# Camp Cherry Log



## krsmitty (Jan 21, 2011)

In North Georgia. Anyone been there?


----------



## H2H1 (Jan 21, 2011)

Re: Camp Cherry Log

hey Ken I live here in Ga just where is it located?


----------



## krsmitty (Jan 21, 2011)

Re: Camp Cherry Log

Google map link

http://maps.google.com/maps?f=d&source=s_d&saddr=Midland,+GA+31820&daddr=983+Little+Rock+Creek+Road,+Cherry+Log,+GA+30522+(CAMP+CHERRYLOG+(RV+PARK))&hl=en&geocode=FQAN8QEdrKPx-im__p9bWjbziDGaxUpNV9dwZQ%3BFX9iEgId2L_4-iGGVwFrJKjTeQ&mra=pd&mrcr=0&sll=33.779147,-84.979248&sspn=4.857256,7.064209&ie=UTF8&ll=33.751748,-85.330811&spn=4.858807,7.064209&t=h&z=7


----------



## H2H1 (Jan 21, 2011)

Re: Camp Cherry Log

OK it is up in Ellijay GA. Read some reviews, sites are very small, RV with slide out will have some trouble, no pull thru's, no wifi. This is an old camp in rural GA. peaceful and quite


----------



## krsmitty (Jan 21, 2011)

Re: Camp Cherry Log

Thanks...Dealer where we bought our 5er gave us a free week of camping there. Wanted to see if it was worth the 10-12 hour drive to get there.


----------



## H2H1 (Jan 21, 2011)

Re: Camp Cherry Log

Ken if you want piece and quite, well this is the place. If you are towing there is plenty of sites to see in and around there. Stone Mtn. in Atlanta not that far away. If I can help you out let me know. Also look it up on the web. www.camp cherry log.com


----------



## krsmitty (Jan 21, 2011)

Re: Camp Cherry Log

Thank you sir. They don't open until 3/15. So have a few months to decide.


----------



## H2H1 (Jan 21, 2011)

Re: Camp Cherry Log

Ken please call me Hollis, Sir is reserved for my dad :laugh:


----------



## krsmitty (Jan 21, 2011)

Re: Camp Cherry Log

LOL...How I was raised, Sir and Mam


----------



## H2H1 (Jan 21, 2011)

Re: Camp Cherry Log

SAME HERE, but I ask you to call me Hollis, thanks


----------



## krsmitty (Jan 21, 2011)

Re: Camp Cherry Log

Roger that!


----------



## Grandview Trailer Sa (Jan 21, 2011)

Re: Camp Cherry Log

Mr. Hollis Sir, Ken is just respecting his elders... :laugh:


----------



## H2H1 (Jan 21, 2011)

Re: Camp Cherry Log

gee no one is giving me any respect here  all I ever wanted was to make friends on here, hahahaha. 

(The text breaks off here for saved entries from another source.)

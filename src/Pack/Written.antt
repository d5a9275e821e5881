-- ===== src/Pack/Written.antt =====
-- What an extraction keeps true of the files: enough is that writing or removing one file that it may
-- write to keeps it.
use agentreg.Base.{
  ℕ, ◌+◌, Text, leb, ltb, List, [], ◌∷◌, Result, ok, err, Error, if◌then◌else◌, ◌≡◌, refl, Option,
  none, some, Bool,
}
use agentreg.Path.{dir}
use agentreg.Pack.{ExtractOptions, safe_join}
use agentreg.Pack.Extract.{
  Disk, File, put_file, Fault, Entry, Item, entry, broken, Typeflag, type_dir, type_reg, type_other,
  D, ◌>>=◌, done, stop, too_big, call, call_at, mkdir_all, open_file, remove, copy, copy_at,
  next_fault, past_fault, after_copy, drop_file, extract_file, extract_target, joined, extract_name,
  extract_items, extract_reader, limit_of,
}
use agentreg.Pack.Outcome.{Leads, Makes, Makes-bind, Makes-done, Makes-stop, Makes-if, Makes-call}

Leads-each : (E : Disk → Type 0) (r : Result (Unit {0}) × Disk) → Leads E (λ _. E) r → E r.1
Leads-each E (ok a, d) h = h
Leads-each E (err e, d) h = h

-- `inv` is a property of the files, `Target` one of the paths that the extraction writes to.
module _ (inv : List (Text × File) → Type 0) (Target : Text → Type 0)
    (put : (p : Text) (f : File) (fs : List (Text × File))
      → Target p
      → inv fs
      → inv (put_file p f fs))
    (unput : (p : Text) (fs : List (Text × File)) → Target p → inv fs → inv (drop_file p fs)) where
  abbrev Inv : Disk → Type 0
  Inv d = inv d.files

  abbrev Stays : {A : Type 0} → D A → Type 0
  Stays m = Makes Inv Inv m (λ a. Inv)

  Stays-mkdir_all : (p : Text) → Stays (mkdir_all p)
  unfolding mkdir_all
  Stays-mkdir_all p = Makes-call Inv Inv Inv _ (λ d h. h) (λ d h. h)

  Stays-open_file : (p : Text) (mode : ℕ) → Target p → Stays (open_file p mode)
  unfolding open_file
  Stays-open_file p mode b = Makes-call Inv Inv Inv _ (λ d h. h) (λ d h. put p _ d.files b h)

  Stays-remove : (p : Text) → Target p → Stays (remove p)
  unfolding remove call
  Stays-remove p b = record { at = λ d h. at_fault d h (next_fault d) }
    where
      at_fault :
          (d : Disk)
          → Inv d
          → (o : Option Fault)
          → Inv (call_at o (λ d. record d { files = drop_file p d.files }) (past_fault d)).1
      at_fault d h none = unput p d.files b h
      at_fault d h (some e) = h

  Stays-copy :
      (p : Text) (mode : ℕ) (content : Text) (e : Option Text) (n : ℕ)
      → Target p
      → Stays (copy p mode content e n)
  unfolding copy
  Stays-copy p mode content e n b = record { at = λ d h. at_fault d h (next_fault d) }
    where
      at_fault :
          (d : Disk)
          → Inv d
          → (o : Option Fault)
          → Leads Inv (λ (r : ℕ × Option Text). Inv) (copy_at o p mode content e n (past_fault d))
      at_fault d h none = put p _ d.files b h
      at_fault d h (some f) = put p _ d.files b h

  Stays-bind :
      {A B : Type 0} {m : D A} {f : A → D B} → Stays m → ((a : A) → Stays (f a)) → Stays (m >>= f)
  Stays-bind h k = Makes-bind Inv _ _ _ h k

  Stays-done : {A : Type 0} (a : A) → Stays (done a)
  Stays-done a = Makes-done Inv _ a

  Stays-stop : {A : Type 0} (e : Error) → Stays {A = A} (stop e)
  Stays-stop e = Makes-stop Inv _ _ e (λ d h. h)

  Stays-if : {A : Type 0} (b : Bool) {m k : D A} → Stays m → Stays k → Stays (if b then m else k)
  Stays-if b h k = Makes-if Inv b _ _ (λ _. h) (λ _. k)

  Stays-after_copy :
      (p : Text) (remaining total : ℕ) (r : ℕ × Option Text)
      → Target p
      → Stays (after_copy p remaining total r)
  unfolding after_copy
  Stays-after_copy p remaining total (n, some m) b = Stays-stop _
  Stays-after_copy p remaining total (n, none) b =
      Stays-if (ltb remaining n) (Stays-bind (Stays-remove p b) λ _. Stays-stop too_big) (
        Stays-bind (Makes-call Inv Inv Inv (λ d. d) (λ d h. h) (λ d h. h))
          λ _. Stays-done (total + n))

  Stays-extract_file :
      (limit total : ℕ) (p : Text) (e : Entry) → Target p → Stays (extract_file limit total p e)
  unfolding extract_file
  Stays-extract_file limit total p e b = Stays-bind (Stays-mkdir_all (dir p)) λ _.
      Stays-bind (Stays-open_file p _ b) λ _.
        Stays-if (leb limit total) (Stays-bind (Stays-remove p b) λ _. Stays-stop too_big)
          (Stays-bind (Stays-copy p _ _ _ _ b) λ r. Stays-after_copy p _ _ r b)

  Stays-extract_target :
      (opts : ExtractOptions) (limit total : ℕ) (e : Entry) (flag : Typeflag) (p : Text)
      → Target p
      → Stays (extract_target opts limit total e flag p)
  unfolding extract_target
  Stays-extract_target opts limit total e type_dir p b =
      Stays-bind (Stays-mkdir_all p) λ _. Stays-done _
  Stays-extract_target opts limit total e type_reg p b = Stays-extract_file limit total p e b
  Stays-extract_target opts limit total e (type_other flag) p b =
      Stays-if opts.skip_unsupported_types (Stays-done total) (Stays-stop _)

  module _ (dest : Text) (joins : (name p : Text) → safe_join dest name ≡ ok p → Target p) where
    Makes-joined :
        (name : Text) (r : Result Text)
        → safe_join dest name ≡ r
        → Makes Inv Inv (joined r) (λ p d. Target p × Inv d)
    unfolding joined
    Makes-joined name (ok p) e = record { at = λ d h. (joins name p e, h) }
    Makes-joined name (err m) e = record { at = λ d h. h }

    Stays-extract_name :
        (opts : ExtractOptions) (limit total : ℕ) (e : Entry) (name : Option Text)
        → Stays (extract_name opts dest limit total e name)
    unfolding extract_name
    Stays-extract_name opts limit total e none = Stays-done _
    Stays-extract_name opts limit total e (some name) =
        Makes-bind Inv _ _ _ (Makes-joined name (safe_join dest name) refl) λ p. record {
          at = λ d h. (Stays-extract_target opts limit total e e.typeflag p h.0).at d h.1;
        }

    Stays-extract_items :
        (opts : ExtractOptions) (limit total : ℕ) (items : List Item)
        → Stays (extract_items opts dest limit total items)
    unfolding extract_items
    Stays-extract_items opts limit total [] = Stays-done _
    Stays-extract_items opts limit total (broken m ∷ items) = Stays-stop _
    Stays-extract_items opts limit total (entry e ∷ items) =
        Stays-bind (Stays-extract_name opts limit total e _)
          λ total'. Stays-extract_items opts limit total' items

    -- The extraction keeps `inv`, whether it succeeds or fails.
    pub extract_reader-keeps :
        (archive : Option (List Item)) (opts : ExtractOptions) (d : Disk)
        → inv d.files
        → inv (extract_reader archive dest opts d).1.files
    unfolding extract_reader stop
    extract_reader-keeps none opts d h = h
    extract_reader-keeps (some items) opts d h =
        Leads-each Inv _ ((Stays-extract_items opts (limit_of opts) 0 items).at d h)
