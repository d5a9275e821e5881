-- ===== src/Pack/Contained.antt =====
-- Whatever the archive, all files are written below the target directory, and the others stay.
use agentreg.Base.{
  some, ==_refl, Text, ◌==◌, List, ok, All, find, Option, ◌≡◌, refl, ◌∙◌, [], ◌∷◌, true, false,
  arith, text_iff,
}
use agentreg.Path.{clean, is_abs}
use agentreg.Pack.{ExtractOptions, safe_join, is_inside}
use agentreg.Pack.Inside.{IsBelow, safe_join-IsBelow}
use agentreg.Pack.Extract.{Disk, File, Item, extract_reader, put_file, drop_file}
use agentreg.Pack.Outcome.{put_file-All, drop_file-All}
use agentreg.Pack.Written.{extract_reader-keeps}

-- All files are below `base`.
abbrev pub IsContained : Text → Disk → Type 0
IsContained base d = All (λ f. IsBelow base f.0) d.files

-- Extracting any archive to an absolute path, with any options and any failing system calls, leaves
-- files only below that path, and no segment of a file's path after it is "..", if there were none
-- outside before; this holds after an error too.
pub extract_reader-IsContained :
    (archive : Option (List Item)) (dest : Text) (opts : ExtractOptions) (d : Disk)
    → is_abs dest ≡ true
    → IsContained (clean dest) d
    → IsContained (clean dest) (extract_reader archive dest opts d).1
extract_reader-IsContained archive dest opts d a =
    extract_reader-keeps (All λ f. IsBelow (clean dest) f.0) (IsBelow (clean dest))
      (put_file-All (IsBelow (clean dest))) (λ p fs b. drop_file-All (IsBelow (clean dest)) p fs)
      dest (λ name p. safe_join-IsBelow dest name p a) archive opts d

-- The file of that path, if there is one.
abbrev pub file_at : Text → List (Text × File) → Option (Text × File)
file_at q = find λ f. f.0 == q

pub put_file_self :
    (p : Text) (f : File) (fs : List (Text × File)) → file_at p (put_file p f fs) ≡ some (p, f)
unfolding put_file
put_file_self p f [] = rw (==_refl p) refl
put_file_self p f ((q, g) ∷ fs) = ground (arith, text_iff q p, text_iff p p, put_file_self p f fs)

pub put_file-other :
    (q p : Text) (f : File) (fs : List (Text × File))
    → (p == q) ≡ false
    → file_at q (put_file p f fs) ≡ file_at q fs
unfolding put_file
put_file-other q p f [] h = ground arith
put_file-other q p f ((r, g) ∷ fs) h =
    ground (arith, text_iff r p, text_iff r q, text_iff p q, put_file-other q p f fs h)

drop_file-other :
    (q p : Text) (fs : List (Text × File))
    → (p == q) ≡ false
    → file_at q (drop_file p fs) ≡ file_at q fs
unfolding drop_file
drop_file-other q p [] h = refl
drop_file-other q p ((r, g) ∷ fs) h =
    ground (arith, text_iff r p, text_iff r q, text_iff p q, drop_file-other q p fs h)

safe_join_inside :
    (dest name p : Text) → safe_join dest name ≡ ok p → is_inside p (clean dest) ≡ true
unfolding safe_join
safe_join_inside dest name p h = ground arith

pub outside_other :
    (base p q : Text) → is_inside p base ≡ true → is_inside q base ≡ false → (p == q) ≡ false
outside_other base p q h k = ground (arith, text_iff p q)

-- Extraction changes no file outside the target directory.
pub extract_reader_outside :
    (archive : Option (List Item)) (dest : Text) (opts : ExtractOptions) (d : Disk) (q : Text)
    → is_inside q (clean dest) ≡ false
    → file_at q (extract_reader archive dest opts d).1.files ≡ file_at q d.files
extract_reader_outside archive dest opts d q h =
    extract_reader-keeps (λ fs. file_at q fs ≡ file_at q d.files)
      (λ p. is_inside p (clean dest) ≡ true)
      (λ p f fs b k. put_file-other q p f fs (outside_other _ p q b h) ∙ k)
      (λ p fs b k. drop_file-other q p fs (outside_other _ p q b h) ∙ k) dest
      (safe_join_inside dest) archive opts d refl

Ken you must have anything to do today .oops see it was posted at 7 PM., chat with you later


----------



## C Nash (Jan 21, 2011)

Re: Camp Cherry Log

Ken, we stayed there several year ago.  At that time you were not supposed to go in until around 3pm.  You will see why when you go.  The road is very narrow and it would be hard to meet another camper.  Was not hard to get to though and the road was dirt at that time.  campsites were not much and may be improved by now.  Was peacful and quite.  I would go back   if I had to.  We had a 5th wheel at that time.  Been about 10 yr ago so may have changed since then.  Camp owners were very nice.


----------